(Collected data)
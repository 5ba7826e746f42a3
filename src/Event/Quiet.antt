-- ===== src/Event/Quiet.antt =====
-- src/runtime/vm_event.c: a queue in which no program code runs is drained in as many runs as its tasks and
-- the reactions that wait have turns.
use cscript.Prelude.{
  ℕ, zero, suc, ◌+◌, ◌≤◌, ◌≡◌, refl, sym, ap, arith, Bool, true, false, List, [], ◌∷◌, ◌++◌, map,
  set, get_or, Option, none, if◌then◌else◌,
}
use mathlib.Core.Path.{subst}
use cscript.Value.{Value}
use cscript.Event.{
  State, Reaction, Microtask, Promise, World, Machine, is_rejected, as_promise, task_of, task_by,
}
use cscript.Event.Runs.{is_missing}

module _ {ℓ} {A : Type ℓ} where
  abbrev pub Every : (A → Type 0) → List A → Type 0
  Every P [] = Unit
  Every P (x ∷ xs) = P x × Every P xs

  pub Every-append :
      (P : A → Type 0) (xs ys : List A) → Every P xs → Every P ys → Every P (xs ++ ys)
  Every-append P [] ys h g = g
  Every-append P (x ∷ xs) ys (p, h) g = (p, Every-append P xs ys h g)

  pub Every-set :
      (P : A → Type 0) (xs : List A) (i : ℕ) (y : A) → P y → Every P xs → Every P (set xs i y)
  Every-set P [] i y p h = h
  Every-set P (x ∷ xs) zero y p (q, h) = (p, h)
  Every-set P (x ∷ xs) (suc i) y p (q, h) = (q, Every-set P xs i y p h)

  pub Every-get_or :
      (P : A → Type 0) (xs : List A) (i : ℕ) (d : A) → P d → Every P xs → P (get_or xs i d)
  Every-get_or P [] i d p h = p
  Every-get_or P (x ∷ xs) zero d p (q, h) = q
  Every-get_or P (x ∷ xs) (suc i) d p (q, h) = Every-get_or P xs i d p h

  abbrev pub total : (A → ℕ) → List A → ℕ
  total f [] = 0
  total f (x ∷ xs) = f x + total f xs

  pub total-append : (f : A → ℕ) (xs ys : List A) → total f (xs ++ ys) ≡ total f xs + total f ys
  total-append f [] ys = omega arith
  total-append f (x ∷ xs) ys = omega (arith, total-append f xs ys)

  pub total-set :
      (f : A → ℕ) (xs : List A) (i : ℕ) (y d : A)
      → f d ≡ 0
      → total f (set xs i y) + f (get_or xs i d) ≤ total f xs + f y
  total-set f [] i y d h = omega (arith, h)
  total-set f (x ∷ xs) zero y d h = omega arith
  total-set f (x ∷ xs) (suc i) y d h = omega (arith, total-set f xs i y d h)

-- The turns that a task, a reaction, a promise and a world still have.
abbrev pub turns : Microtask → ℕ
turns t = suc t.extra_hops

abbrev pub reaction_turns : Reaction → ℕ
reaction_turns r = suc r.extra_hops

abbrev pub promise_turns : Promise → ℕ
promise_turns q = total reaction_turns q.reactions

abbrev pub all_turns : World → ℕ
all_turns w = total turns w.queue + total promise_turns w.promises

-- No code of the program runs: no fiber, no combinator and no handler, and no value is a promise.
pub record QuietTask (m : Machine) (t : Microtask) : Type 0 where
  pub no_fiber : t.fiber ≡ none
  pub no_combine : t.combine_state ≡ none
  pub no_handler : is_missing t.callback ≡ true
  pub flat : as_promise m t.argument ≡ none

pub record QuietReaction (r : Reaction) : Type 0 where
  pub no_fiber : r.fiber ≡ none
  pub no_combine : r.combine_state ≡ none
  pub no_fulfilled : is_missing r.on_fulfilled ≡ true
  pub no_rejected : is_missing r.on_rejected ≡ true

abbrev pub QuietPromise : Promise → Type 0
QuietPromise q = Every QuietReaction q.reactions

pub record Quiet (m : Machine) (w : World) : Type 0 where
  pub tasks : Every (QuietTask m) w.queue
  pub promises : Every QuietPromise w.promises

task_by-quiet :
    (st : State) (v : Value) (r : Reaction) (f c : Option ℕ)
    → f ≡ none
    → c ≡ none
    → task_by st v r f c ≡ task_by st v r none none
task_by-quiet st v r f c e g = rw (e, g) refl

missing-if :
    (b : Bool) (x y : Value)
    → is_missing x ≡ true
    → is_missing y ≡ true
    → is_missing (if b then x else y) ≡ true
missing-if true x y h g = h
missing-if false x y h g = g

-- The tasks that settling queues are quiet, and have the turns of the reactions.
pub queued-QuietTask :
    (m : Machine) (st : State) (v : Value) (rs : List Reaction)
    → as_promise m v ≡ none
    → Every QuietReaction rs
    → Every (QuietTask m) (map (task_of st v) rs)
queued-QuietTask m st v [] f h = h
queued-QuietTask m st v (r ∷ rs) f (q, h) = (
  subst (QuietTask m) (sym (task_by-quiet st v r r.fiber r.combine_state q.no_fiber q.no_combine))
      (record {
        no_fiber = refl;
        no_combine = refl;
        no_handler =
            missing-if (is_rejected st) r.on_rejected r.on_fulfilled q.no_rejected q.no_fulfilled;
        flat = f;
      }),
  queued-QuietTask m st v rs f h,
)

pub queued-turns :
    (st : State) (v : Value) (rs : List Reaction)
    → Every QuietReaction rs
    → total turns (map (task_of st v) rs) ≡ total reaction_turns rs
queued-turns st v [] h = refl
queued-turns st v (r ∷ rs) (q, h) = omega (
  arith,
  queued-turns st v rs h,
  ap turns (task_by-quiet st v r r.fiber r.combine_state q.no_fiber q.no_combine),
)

Aim of the exercise
Starting at the line with "total reaction_turns rs", retype each line through the final one in the data above, unchanged and with nothing added.

Solution for this problem
    → total turns (map (task_of st v) rs) ≡ total reaction_turns rs
queued-turns st v [] h = refl
queued-turns st v (r ∷ rs) (q, h) = omega (
  arith,
  queued-turns st v rs h,
  ap turns (task_by-quiet st v r r.fiber r.combine_state q.no_fiber q.no_combine),
)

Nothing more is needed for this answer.